- [TASK DESCRIPTION]
Below are some records. Print exactly the lines between the one holding "let qs = (destroy_peer" and the one holding "destroy_peer_lem h peers", inclusive, and nothing else.

(Saved data entries)
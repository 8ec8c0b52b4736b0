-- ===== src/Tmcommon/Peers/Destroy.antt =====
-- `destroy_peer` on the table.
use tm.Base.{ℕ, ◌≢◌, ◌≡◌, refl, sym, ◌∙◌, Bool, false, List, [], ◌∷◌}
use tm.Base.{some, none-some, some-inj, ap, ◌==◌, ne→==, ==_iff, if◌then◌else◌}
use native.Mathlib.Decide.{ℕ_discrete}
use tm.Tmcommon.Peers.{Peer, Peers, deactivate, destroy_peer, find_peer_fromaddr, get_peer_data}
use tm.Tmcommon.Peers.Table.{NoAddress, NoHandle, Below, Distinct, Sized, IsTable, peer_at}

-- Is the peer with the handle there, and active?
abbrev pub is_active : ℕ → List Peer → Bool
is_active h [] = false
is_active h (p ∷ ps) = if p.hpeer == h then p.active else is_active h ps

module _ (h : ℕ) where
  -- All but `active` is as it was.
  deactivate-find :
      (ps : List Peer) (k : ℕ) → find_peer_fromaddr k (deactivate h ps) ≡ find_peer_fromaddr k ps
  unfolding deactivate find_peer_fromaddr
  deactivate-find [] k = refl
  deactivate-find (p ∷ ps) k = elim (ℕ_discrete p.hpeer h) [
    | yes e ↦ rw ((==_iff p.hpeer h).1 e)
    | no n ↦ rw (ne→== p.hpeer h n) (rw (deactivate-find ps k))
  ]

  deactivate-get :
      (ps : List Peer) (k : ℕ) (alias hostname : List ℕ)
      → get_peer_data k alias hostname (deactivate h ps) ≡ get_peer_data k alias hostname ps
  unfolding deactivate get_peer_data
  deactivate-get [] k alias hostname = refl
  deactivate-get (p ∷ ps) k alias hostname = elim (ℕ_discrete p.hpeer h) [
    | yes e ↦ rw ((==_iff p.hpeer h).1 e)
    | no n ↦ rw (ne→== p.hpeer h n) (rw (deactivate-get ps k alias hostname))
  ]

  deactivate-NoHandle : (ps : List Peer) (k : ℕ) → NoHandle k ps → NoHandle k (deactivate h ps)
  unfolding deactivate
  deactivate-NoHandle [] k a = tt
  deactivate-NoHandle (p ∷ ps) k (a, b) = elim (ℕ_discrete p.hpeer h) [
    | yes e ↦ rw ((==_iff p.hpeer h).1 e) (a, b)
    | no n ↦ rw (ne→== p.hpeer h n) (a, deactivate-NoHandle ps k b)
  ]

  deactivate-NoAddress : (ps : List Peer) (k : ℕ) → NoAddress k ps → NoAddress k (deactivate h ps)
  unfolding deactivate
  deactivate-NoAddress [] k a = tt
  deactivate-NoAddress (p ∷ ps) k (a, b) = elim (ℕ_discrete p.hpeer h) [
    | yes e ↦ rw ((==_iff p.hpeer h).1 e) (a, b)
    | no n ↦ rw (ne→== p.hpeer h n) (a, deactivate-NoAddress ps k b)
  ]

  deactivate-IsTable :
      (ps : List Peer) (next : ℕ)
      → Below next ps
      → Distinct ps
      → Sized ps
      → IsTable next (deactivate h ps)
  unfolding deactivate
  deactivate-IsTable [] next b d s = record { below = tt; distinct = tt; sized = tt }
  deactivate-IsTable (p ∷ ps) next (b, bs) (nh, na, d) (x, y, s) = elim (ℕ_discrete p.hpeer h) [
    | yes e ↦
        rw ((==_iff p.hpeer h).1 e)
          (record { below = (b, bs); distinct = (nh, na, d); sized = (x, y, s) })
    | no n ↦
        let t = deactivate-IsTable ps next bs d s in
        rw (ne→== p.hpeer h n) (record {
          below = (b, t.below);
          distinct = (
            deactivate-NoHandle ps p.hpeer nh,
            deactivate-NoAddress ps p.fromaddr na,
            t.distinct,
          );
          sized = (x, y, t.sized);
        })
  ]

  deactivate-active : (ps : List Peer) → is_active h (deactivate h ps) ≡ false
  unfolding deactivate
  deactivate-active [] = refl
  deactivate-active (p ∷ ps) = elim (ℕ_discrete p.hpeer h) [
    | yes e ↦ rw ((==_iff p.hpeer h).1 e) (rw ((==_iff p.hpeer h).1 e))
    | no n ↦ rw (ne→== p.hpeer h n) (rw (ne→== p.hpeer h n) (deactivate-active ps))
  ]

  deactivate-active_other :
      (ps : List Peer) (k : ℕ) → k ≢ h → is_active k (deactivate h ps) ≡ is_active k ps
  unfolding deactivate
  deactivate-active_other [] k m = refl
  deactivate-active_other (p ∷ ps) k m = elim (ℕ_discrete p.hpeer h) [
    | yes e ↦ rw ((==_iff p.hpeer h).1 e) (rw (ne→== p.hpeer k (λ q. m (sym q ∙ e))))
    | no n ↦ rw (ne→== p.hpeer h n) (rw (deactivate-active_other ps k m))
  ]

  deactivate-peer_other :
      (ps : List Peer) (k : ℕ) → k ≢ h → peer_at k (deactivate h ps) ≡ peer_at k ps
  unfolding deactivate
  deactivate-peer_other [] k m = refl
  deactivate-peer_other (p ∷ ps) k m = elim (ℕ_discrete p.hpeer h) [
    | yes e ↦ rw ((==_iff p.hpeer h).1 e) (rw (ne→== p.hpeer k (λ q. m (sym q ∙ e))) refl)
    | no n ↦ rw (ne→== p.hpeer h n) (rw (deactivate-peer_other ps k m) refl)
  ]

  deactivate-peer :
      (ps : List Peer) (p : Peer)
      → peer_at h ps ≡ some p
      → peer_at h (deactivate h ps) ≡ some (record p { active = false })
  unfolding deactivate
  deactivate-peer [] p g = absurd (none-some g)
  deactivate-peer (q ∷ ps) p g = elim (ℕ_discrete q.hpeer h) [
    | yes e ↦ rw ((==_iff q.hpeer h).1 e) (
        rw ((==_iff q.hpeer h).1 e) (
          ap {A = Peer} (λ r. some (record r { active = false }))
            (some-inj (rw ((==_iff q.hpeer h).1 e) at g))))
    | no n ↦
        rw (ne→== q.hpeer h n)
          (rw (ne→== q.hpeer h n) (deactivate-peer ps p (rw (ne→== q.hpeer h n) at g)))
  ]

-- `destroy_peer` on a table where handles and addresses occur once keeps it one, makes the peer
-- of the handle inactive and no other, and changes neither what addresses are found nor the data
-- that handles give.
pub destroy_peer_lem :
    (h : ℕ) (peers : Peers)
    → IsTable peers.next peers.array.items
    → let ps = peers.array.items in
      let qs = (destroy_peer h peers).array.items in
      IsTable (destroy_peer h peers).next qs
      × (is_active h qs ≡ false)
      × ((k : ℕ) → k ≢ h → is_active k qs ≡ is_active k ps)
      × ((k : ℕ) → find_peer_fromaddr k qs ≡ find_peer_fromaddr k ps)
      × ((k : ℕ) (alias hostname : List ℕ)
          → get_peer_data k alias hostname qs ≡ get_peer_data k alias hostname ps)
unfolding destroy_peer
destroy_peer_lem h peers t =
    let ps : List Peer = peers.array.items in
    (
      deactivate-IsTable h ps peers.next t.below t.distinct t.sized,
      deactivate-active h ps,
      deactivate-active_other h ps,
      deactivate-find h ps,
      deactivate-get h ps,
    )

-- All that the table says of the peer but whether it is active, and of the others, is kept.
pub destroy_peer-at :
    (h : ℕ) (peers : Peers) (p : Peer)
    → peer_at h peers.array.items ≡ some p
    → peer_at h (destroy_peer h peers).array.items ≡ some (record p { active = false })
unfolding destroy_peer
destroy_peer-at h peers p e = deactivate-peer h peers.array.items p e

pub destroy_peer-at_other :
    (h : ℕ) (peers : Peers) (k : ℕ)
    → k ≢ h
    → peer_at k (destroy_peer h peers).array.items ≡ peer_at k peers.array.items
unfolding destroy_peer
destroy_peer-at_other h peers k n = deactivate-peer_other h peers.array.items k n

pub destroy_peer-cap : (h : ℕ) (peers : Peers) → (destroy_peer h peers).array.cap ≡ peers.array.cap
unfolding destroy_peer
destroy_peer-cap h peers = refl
--
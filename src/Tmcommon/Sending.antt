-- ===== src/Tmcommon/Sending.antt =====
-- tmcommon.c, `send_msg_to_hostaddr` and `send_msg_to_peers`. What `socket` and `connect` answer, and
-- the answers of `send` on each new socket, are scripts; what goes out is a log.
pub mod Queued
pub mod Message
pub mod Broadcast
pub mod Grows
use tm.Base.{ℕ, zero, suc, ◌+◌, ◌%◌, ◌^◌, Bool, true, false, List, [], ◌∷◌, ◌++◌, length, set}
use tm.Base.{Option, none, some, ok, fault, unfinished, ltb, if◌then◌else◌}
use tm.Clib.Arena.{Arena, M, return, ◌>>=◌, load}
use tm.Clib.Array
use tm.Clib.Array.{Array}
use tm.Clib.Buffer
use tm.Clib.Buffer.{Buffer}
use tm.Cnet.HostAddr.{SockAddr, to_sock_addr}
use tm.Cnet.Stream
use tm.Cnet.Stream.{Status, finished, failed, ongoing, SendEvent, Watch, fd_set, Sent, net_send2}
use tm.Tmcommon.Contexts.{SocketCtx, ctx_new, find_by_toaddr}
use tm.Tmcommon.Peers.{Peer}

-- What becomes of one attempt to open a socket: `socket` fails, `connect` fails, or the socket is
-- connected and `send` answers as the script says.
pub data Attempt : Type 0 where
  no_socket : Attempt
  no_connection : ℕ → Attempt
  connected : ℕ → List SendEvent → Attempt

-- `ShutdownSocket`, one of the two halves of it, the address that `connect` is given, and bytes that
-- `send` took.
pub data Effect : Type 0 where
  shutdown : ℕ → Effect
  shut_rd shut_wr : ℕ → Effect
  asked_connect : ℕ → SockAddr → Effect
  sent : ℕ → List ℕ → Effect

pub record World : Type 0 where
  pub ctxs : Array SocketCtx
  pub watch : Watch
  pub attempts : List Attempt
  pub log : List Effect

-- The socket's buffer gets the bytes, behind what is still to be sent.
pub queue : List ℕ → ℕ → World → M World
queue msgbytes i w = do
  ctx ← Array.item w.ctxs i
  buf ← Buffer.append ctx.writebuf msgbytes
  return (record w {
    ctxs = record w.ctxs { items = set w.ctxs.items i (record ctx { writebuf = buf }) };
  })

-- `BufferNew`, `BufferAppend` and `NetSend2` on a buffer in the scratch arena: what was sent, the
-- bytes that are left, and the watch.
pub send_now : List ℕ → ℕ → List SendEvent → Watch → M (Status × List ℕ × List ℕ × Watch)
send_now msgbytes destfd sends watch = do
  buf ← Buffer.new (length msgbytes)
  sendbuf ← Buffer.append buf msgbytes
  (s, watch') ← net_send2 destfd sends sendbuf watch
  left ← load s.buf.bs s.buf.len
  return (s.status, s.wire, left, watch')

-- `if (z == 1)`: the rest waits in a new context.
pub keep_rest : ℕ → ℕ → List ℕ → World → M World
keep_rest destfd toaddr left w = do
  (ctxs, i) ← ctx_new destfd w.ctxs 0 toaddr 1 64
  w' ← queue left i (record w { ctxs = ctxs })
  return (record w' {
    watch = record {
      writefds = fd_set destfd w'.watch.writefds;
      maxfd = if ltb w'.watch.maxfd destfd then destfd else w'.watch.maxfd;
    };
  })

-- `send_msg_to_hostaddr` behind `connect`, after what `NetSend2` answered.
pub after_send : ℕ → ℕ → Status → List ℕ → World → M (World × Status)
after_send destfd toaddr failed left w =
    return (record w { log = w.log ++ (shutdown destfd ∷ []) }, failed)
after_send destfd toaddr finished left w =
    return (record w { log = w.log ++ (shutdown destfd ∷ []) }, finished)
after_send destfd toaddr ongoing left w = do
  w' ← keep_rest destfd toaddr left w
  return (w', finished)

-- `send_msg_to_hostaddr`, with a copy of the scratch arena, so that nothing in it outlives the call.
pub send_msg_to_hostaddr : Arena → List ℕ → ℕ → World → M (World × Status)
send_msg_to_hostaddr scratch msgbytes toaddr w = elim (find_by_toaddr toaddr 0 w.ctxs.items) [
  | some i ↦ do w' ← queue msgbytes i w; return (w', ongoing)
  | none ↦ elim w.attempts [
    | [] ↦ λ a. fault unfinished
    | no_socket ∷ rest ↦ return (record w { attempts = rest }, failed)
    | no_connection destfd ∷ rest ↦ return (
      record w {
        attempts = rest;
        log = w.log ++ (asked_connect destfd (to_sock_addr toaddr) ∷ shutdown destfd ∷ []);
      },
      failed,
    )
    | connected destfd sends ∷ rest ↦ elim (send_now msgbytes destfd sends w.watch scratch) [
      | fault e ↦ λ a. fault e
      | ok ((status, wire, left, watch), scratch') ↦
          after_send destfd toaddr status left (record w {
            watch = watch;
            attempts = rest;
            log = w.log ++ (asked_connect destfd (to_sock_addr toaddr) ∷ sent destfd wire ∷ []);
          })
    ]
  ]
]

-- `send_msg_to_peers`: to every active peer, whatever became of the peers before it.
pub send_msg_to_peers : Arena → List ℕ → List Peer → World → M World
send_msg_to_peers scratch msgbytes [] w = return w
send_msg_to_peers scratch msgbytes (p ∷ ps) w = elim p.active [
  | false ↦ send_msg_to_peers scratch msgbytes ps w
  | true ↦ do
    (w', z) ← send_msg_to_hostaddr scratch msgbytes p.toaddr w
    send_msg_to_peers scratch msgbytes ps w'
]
==
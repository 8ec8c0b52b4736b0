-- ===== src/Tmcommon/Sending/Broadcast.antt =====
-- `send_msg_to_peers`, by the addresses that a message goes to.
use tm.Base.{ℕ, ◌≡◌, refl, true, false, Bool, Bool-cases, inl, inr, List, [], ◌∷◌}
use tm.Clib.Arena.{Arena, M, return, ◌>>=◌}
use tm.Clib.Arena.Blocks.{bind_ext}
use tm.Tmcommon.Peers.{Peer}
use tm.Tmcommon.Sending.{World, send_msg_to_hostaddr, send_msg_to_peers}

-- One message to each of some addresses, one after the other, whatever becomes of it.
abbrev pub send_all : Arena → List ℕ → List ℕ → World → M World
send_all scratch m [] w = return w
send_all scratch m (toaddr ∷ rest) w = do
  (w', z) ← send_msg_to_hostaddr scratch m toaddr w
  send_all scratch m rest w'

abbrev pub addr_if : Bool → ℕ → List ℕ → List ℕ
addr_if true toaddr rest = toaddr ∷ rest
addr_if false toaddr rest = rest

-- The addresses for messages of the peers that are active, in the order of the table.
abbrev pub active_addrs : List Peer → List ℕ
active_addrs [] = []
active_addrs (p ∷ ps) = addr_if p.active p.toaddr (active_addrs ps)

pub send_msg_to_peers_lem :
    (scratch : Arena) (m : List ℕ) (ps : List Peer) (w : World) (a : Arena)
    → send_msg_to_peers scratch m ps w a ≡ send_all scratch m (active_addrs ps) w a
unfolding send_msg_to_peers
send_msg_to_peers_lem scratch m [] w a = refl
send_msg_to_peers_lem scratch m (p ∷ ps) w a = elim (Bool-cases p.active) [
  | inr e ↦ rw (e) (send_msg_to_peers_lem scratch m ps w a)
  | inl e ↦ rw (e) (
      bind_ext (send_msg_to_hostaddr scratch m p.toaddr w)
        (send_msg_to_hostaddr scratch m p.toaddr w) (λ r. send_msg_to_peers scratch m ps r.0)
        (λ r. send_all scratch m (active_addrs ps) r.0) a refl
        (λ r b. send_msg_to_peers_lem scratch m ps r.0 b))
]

- [THE ANSWER]
      let qs = (destroy_peer h peers).array.items in
      IsTable (destroy_peer h peers).next qs
      × (is_active h qs ≡ false)
      × ((k : ℕ) → k ≢ h → is_active k qs ≡ is_active k ps)
      × ((k : ℕ) → find_peer_fromaddr k qs ≡ find_peer_fromaddr k ps)
      × ((k : ℕ) (alias hostname : List ℕ)
          → get_peer_data k alias hostname qs ≡ get_peer_data k alias hostname ps)
unfolding destroy_peer
destroy_peer_lem h peers t =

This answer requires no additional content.